Non Cumul des Mandats

Du non-cumul des mandats au grand cumul des hypocrisies

 

Depuis quelques jours la question récurrente du non cumul des mandats agite le microcosme politique.

Les prises de positions de certains élus, l'avis du Conseil d'Etat prônant une application de cette mesure seulement en 2017 ont relancé la polémique.

Ce thème populaire chez les militants politiques de base et les électeurs français a été instrumentalisé en particulier par Martine Aubry et son équipe pour se créer une légitimité après son élection contestée et contestable comme première secrétaire du parti socialiste après le calamiteux Congrès de Reims. Le but étant aussi de se créer un espace de manœuvre au sein du parti en déstabilisant les éléphants d'alors.

Le point d'orgue de cette opération fut l'Université d'été de la Rochelle de 2009 où les militants présents ont plébiscité la mesure et Martine Aubry par une "standing ovation" interminable, en présence d'une brochette de hiérarques socialistes cumulards et atterrés.

Le non cumul des mandats est depuis un dogme de la pensée socialiste et le plus sûr moyen d'emporter l'enthousiasme d'une salle même avec un discours médiocre.

Ne vous méprenez pas sur mon propos ; je suis pour le non-cumul des mandats et tout particulièrement de celui des parlementaires, même si je ne suis pas un ayatollah de la mesure.

Ce qui m'interpelle aujourd'hui c'est la grande hypocrisie du plus grand nombre sur la volonté de la mettre réellement en œuvre.

De cette crainte, d'une crainte plus générale de ne pas voir se mettre en place la rénovation de mon parti le PS, en constatant la nouvelle glaciation voulue par les apparatchiks éternels, j'ai participé à la création d'un motion appelée "question de principes" qui visait à ne pas faire oublier les promesse de rénovation du PS mais bien au delà de la vie politique française.

Nous nous voulions les aiguillons de la rénovation.

Au vu de la situation actuelle nos craintes n'étaient pas vaines.

Les parlementaires qui avaient signé un courrier avant les législatives promettant de quitter leurs autres fonctions exécutives en cas de victoire, n'ont pas tenu leur engagement et font blocage au Sénat et à l'assemblée nationale.

D'autres plus subtils, conscients de la popularité du non cumul, taclent leurs amis, se posent en parangon de vertu et la main sur le cœur nous proposent un référendum qu'ils savent improbable dans le contexte actuel et ce faisant d'une pierre deux coups.

Ce sont les même qui bien souvent cumulent en toute tranquillité, et n'ont pas hésité à se présenter aux dernières législatives.

Dans l'Ain par exemple tous les candidats aux législatives à gauche comme à droite étaient au minimum maire d'une commune, président ou vice président d'un conseil général, d'une intercommunalité ou d'un conseil régional.

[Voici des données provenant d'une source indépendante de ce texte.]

-- ===== src/Mux/Correlation.antt =====
-- mux.go: whom a frame is for, in every state that the interleaved goroutines reach.
use isopace.Common.{ℕ, ◌≡◌, ◌≢◌, ◌∙◌, refl, ap, Option, none, some, Bytes, Result, ok}
use isopace.Mux.Steps.{
  Config, Mux, MuxError, Call, idle, refused, active, Phase, sending, waiting, leaving, returned,
  receiving, delivering, new_mux, response_key, HasRoom, Step, deliver, Run,
}
use isopace.Mux.Invariant.{Waits, Expects, CallOf}
use isopace.Mux.Sound.{Run-IsSound}
use mathlib.Core.Path.{subst}

module _ {C : Type 0} {cfg : Config C} {m : Mux C} (r : Run cfg new_mux m) where
  -- Whatever the interleaving: a frame that a `Request` returns has the key of its request, as the
  -- response keyer gives it.
  pub returned_frame_matches :
      {i : ℕ} {req k msg : Bytes} {ch : Option Bytes}
      → m.calls i ≡ active req k ch (returned (ok msg))
      → (cfg.key req ≡ ok k) × (response_key cfg msg ≡ ok k)
  returned_frame_matches {i} p =
      let c = subst (CallOf cfg) p ((Run-IsSound cfg r).calls i) in (c.0, c.2)

  expected_room : (msg : Bytes) (c : Call C) → Expects cfg msg c → HasRoom c
  unfolding HasRoom
  expected_room msg (active _ _ none _) e = tt
  expected_room msg (active _ _ (some _) _) e = absurd e
  expected_room msg idle e = absurd e
  expected_room msg (refused _) e = absurd e

  -- Whatever the interleaving, and also when the `Request` has returned in the meantime: a reader
  -- that has a frame for a call is not blocked by its channel, and gets back to `Receive` in one
  -- step.
  pub reader_returns :
      {i : ℕ} {msg : Bytes}
      → m.reader ≡ delivering i msg
      → (n : Mux C) × Step cfg m n × (n.reader ≡ receiving)
  reader_returns {i} {msg} d =
      (_, deliver i d (expected_room msg (m.calls i) ((Run-IsSound cfg r).expects i msg d)), refl)

  in_flight :
      (k : Bytes) (c : Call C)
      → Waits k c
      → CallOf cfg c
      → (req : Bytes) × (at : Phase C) × (c ≡ active req k none at)
        × (cfg.key req ≡ ok k)
        × ((res : Result (MuxError C) Bytes) → at ≢ returned res)
  in_flight k (active req k' none (returned _)) w o = absurd w.1
  in_flight k (active req k' none sending) w o =
      (req, sending, ap (λ x. active req x none sending) w.0, o.0 ∙ ap ok w.0, λ res e. cc)
  in_flight k (active req k' none waiting) w o =
      (req, waiting, ap (λ x. active req x none waiting) w.0, o.0 ∙ ap ok w.0, λ res e. cc)
  in_flight k (active req k' none (leaving q)) w o =
      (req, leaving q, ap (λ x. active req x none (leaving q)) w.0, o.0 ∙ ap ok w.0, λ res e. cc)
  in_flight k (active _ _ (some _) _) w o = absurd w
  in_flight k idle w o = absurd w
  in_flight k (refused _) w o = absurd w

  -- Whatever the interleaving: an entry of the table stands for a call with that key that has not
  -- returned and has been given no frame, so that nothing is left behind in the table.
  pub pending_in_flight :
      {k : Bytes} {i : ℕ}
      → m.pending k ≡ some i
      → (req : Bytes) × (at : Phase C) × (m.calls i ≡ active req k none at)
        × (cfg.key req ≡ ok k)
        × ((res : Result (MuxError C) Bytes) → at ≢ returned res)
  pending_in_flight {k} {i} p =
      in_flight k (m.calls i) ((Run-IsSound cfg r).pending k i p) ((Run-IsSound cfg r).calls i)
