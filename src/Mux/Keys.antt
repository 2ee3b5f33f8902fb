-- ===== src/Mux/Keys.antt =====
-- mux.go: `FieldKeyer`, over the codec of the engine.
use isopace.Common.{
  ℕ, ◌≤◌, ◌≡◌, ◌⊎◌, ◌∙◌, refl, sym, ap, inl, inr, Bool, true, false, Option, none, some, List, [],
  ◌∷◌, ◌++◌, Bytes, Result, ok, err, map_err, ◌>>=◌, leb, ◌==◌, if◌then◌else◌, arith, Option-cases,
  Bool-cases, none_ne_some,
}
use isopace.Engine.Types.{Kinds, Value, Schema}
use isopace.Engine.Message.{Message, Slot, Fault, get, decode_slot, memoise, value_at}
use isopace.Engine.Codec.{unmarshal, marshal}
use isopace.Engine.Forward.{get_value}
use isopace.Engine.RoundTrip.{IsBuilt, unmarshal-marshal}
use isopace.Engine.Validate.{value_text}
use mathlib.Core.Path.{subst}

-- The errors of the keyer: of `Unmarshal`, a data element that is absent, and of `String`.
pub data KeyError (K : Kinds) : Type 0 where
  undecodable : ℕ × Fault K → KeyError K
  absent : ℕ → KeyError K
  no_text : KeyError K

-- The text of a data element in front of the rest's.
unfoldable pub add_text :
    {K : Kinds} → Option Bytes → Result (KeyError K) (List Bytes) → Result (KeyError K) (List Bytes)
add_text none rest = err no_text
add_text (some s) rest = rest >>= (λ parts. ok (s ∷ parts))

unfoldable pub add_part :
    {K : Kinds}
    → ℕ
    → Option (Value K)
    → Result (KeyError K) (List Bytes)
    → Result (KeyError K) (List Bytes)
add_part de none rest = err (absent de)
add_part de (some v) rest = add_text (value_text v) rest

-- The loop over the data elements.
unfoldable pub key_parts :
    {K : Kinds} → Schema K → List ℕ → Message K → Result (KeyError K) (List Bytes)
key_parts sch [] m = ok []
key_parts sch (de ∷ des) m = let got = get sch m de in add_part de got.1 (key_parts sch des got.0)

-- `strings.Join(parts, "|")`
unfoldable pub join_bar : List Bytes → Bytes
join_bar [] = []
join_bar (s ∷ []) = s
join_bar (s ∷ t ∷ rest) = s ++ (b'|' ∷ join_bar (t ∷ rest))

-- `FieldKeyer`; `sealed` is the option of the codec.
unfoldable pub field_keyer :
    {K : Kinds} → Schema K → Bool → List ℕ → Bytes → Result (KeyError K) Bytes
field_keyer sch sealed des msg =
    map_err undecodable (unmarshal sch sealed msg)
    >>= (λ m. key_parts sch des m)
    >>= (λ parts. ok (join_bar parts))

-- The texts that a message has at the data elements, each looked up in it as it is.
abbrev pub TextsAt : {K : Kinds} → Message K → ℕ → List ℕ → List Bytes → Type 0
TextsAt m top [] [] = Unit
TextsAt m top (de ∷ des) (s ∷ texts) =
    (1 ≤ de)
    × (de ≤ top)
    × ((m.slots de).present ≡ true)
    × (value_text (m.slots de).v ≡ some s)
    × TextsAt m top des texts
TextsAt m top _ _ = ⊥

module _ {K : Kinds} (sch : Schema K) where
  get_message :
      (m : Message K) (de : ℕ)
      → ((get sch m de).0 ≡ m)
        ⊎ ((x : Value K) × ((get sch m de).0 ≡ memoise de x m)
            × (value_at sch m.src de (m.slots de) ≡ some x))
  unfolding get decode_slot
  get_message m de = elim (Bool-cases (leb m.slot_count de)) [
    | inl h ↦ inl (ap (λ b. (if b then (m, none) else decode_slot sch m de).0) h)
    | inr h ↦ elim (Option-cases (value_at sch m.src de (m.slots de))) [
      | inl q ↦ inl (
          ap (λ b. (if b then (m, none) else decode_slot sch m de).0) h
          ∙ ap (λ o. elim o as (λ _. Message K) [ none ↦ m | some x ↦ memoise de x m ]) q)
      | inr (x, q) ↦ inr (
        x,
        ap (λ b. (if b then (m, none) else decode_slot sch m de).0) h
            ∙ ap (λ o. elim o as (λ _. Message K) [ none ↦ m | some x ↦ memoise de x m ]) q,
        q,
      )
    ]
  ]

  value_present :
      (src : Option Bytes) (de : ℕ) (s : Slot K) (x : Value K)
      → value_at sch src de s ≡ some x
      → value_at sch src de (record s { v = x; decoded = true }) ≡ some x
  unfolding value_at
  value_present src de s x q = elim (Bool-cases s.present) [
    | inl p ↦ simp (value_at, p)
    | inr p ↦
        let n : value_at sch src de s ≡ none = simp (value_at, p) in
        absurd (none_ne_some (sym n ∙ q))
  ]

  get-memoise :
      (m : Message K) (de i : ℕ) (x : Value K)
      → value_at sch m.src de (m.slots de) ≡ some x
      → (get sch (memoise de x m) i).1 ≡ (get sch m i).1
  unfolding memoise
  get-memoise m de i x q =
      get_value sch (memoise de x m) i ∙ go (i == de) refl ∙ sym (get_value sch m i)
    where
      s : Slot K
      s = record (m.slots de) { v = x; decoded = true }

      same : i ≡ de → value_at sch m.src i s ≡ value_at sch m.src i (m.slots i)
      same e =
          subst (λ j. value_at sch m.src j s ≡ value_at sch m.src j (m.slots j)) (sym e)
            (value_present m.src de (m.slots de) x q ∙ sym q)

      go :
          (b : Bool)
          → (i == de) ≡ b
          → (if leb m.slot_count i then none else value_at sch m.src i (if b then s else m.slots i))
            ≡ (if leb m.slot_count i then none else value_at sch m.src i (m.slots i))
      go true e = ap (λ o. if leb m.slot_count i then none else o) (same (ground arith))
      go false e = refl

  -- What `Get` answers is the same after another `Get`.
  get-get : (m : Message K) (de i : ℕ) → (get sch (get sch m de).0 i).1 ≡ (get sch m i).1
  get-get m de i = elim (get_message m de) [
    | inl e ↦ ap (λ n. (get sch n i).1) e
    | inr (x, e, q) ↦ ap (λ n. (get sch n i).1) e ∙ get-memoise m de i x q
  ]

  Answers : Message K → Message K → Type 0
  Answers got m =
      (de : ℕ)
      → 1 ≤ de
      → de ≤ sch.max_de
      → (get sch got de).1 ≡ (if (m.slots de).present then some (m.slots de).v else none)

  key_parts-TextsAt :
      (m : Message K) (des : List ℕ) (texts : List Bytes) (got : Message K)
      → Answers got m
      → TextsAt m sch.max_de des texts
      → key_parts sch des got ≡ ok texts
  unfolding key_parts Answers add_part add_text
  key_parts-TextsAt m [] [] got a t = refl
  key_parts-TextsAt m [] (s ∷ texts) got a t = absurd t
  key_parts-TextsAt m (de ∷ des) [] got a t = absurd t
  key_parts-TextsAt m (de ∷ des) (s ∷ texts) got a (lo, hi, there, text, more) =
      let found : (get sch got de).1 ≡ some (m.slots de).v = a de lo hi ∙ rw there refl in
      let rest =
        key_parts-TextsAt m des texts (get sch got de).0 (λ d l h. get-get got de d ∙ a d l h)
          more in
      ap (λ o. add_part de o (key_parts sch des (get sch got de).0)) found
      ∙ ap (λ o. add_text o (key_parts sch des (get sch got de).0)) text
      ∙ ap (add_text (some s)) rest

  key_of_message :
      (sealed : Bool) (m : Message K) (des : List ℕ) (texts : List Bytes)
      → IsBuilt sch m
      → TextsAt m sch.max_de des texts
      → (wire : Bytes) × (marshal sch m [] ≡ ok wire)
        × (field_keyer sch sealed des wire ≡ ok (join_bar texts))
  unfolding field_keyer Answers
  key_of_message sealed m des texts b t =
      let back = unmarshal-marshal sch sealed m b in
      let parts = key_parts-TextsAt m des texts back.got back.get_field t in
      (back.wire, back.marshals, rw (field_keyer, back.unmarshals, parts) refl)

  -- Two messages, as a request and its response, that are fresh, whose values their codecs write
  -- and read back just as they are, padding included, and whose data elements the bitmap codec
  -- reads back; and that have the same text at each of the data elements that the keyer is made
  -- for: both are marshalled, and the keyer gives both frames the same key, those texts with bars
  -- between them.
  pub field_keyer-marshal :
      (sealed : Bool) (request response : Message K) (des : List ℕ) (texts : List Bytes)
      → IsBuilt sch request
      → IsBuilt sch response
      → TextsAt request sch.max_de des texts
      → TextsAt response sch.max_de des texts
      → (sent got : Bytes) × (marshal sch request [] ≡ ok sent)
        × (marshal sch response [] ≡ ok got)
        × (field_keyer sch sealed des sent ≡ ok (join_bar texts))
        × (field_keyer sch sealed des got ≡ ok (join_bar texts))
  field_keyer-marshal sealed q r des texts bq br tq tr =
      let (sent, ms, ks) = key_of_message sealed q des texts bq tq in
      let (got, mg, kg) = key_of_message sealed r des texts br tr in (sent, got, ms, mg, ks, kg)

Grand cumul des hypocrisies donc, mais il serait faux de dire que seuls les cumulards sont fautifs, nous même les militants, mais aussi nous même les électeurs qui applaudissons bruyamment et longuement les chauffeurs d'estrades qui nous vendent leur non cumul sommes bien souvent des hypocrites.

Car dès que les lumières des meetings s'éteignent, dès que nous retournons chez nous, sur nos territoires, la réalité nous apparait. Chez nous pour gagner nous voulons le plus beau, le plus fort, le plus titré, qui défendra à Paris, les intérêts de notre commune, de notre canton, de notre région, et qui mieux que le maire de notre ville, le conseiller général de notre canton et le conseiller régional de notre territoire pourra le faire et....s'il fait tout cela en même temps c'est encore mieux.

J'affabule ?

J'aimerai bien. Prenons un exemple proche : la troisième circonscription de l'Ain, la seule à avoir organisé une primaire pour choisir son candidat député.

Trois candidats :

le vainqueur élu par les militants est maire, président de sa communauté de communes, conseiller général et par ailleurs président d'au moins une association parapublique départementale.

Le second est conseiller général

Le troisième est seulement conseiller municipal d'opposition.

 

Je suis prêt à parier que le résultat a été globalement le même dans toutes les primaires internes de France.

 

Grand cumul des hypocrisies donc.

 

Pour ma part cela m'amène à prendre beaucoup de distance par rapport au discours des uns et des autres.

 

Mais tout cela est anecdotique par rapport à ce qui m'inquiète beaucoup plus et qui est le cumul généralisé, je dirai presque la confiscation de tout ce ressemble à une miette de pouvoir.

Une aristocratie est née, qui regroupe la sphère médiatique, la politique, la haute administration et le monde des affaires et le syndicalisme, au niveau bien sûr des directions.

Une perméabilité complète entre ces différents domaines permet une concentration et un verrouillage du pouvoir dans notre société qui rend toute évolution pratiquement impossible.

Notre gouvernement en est à la fois le fruit et la victime.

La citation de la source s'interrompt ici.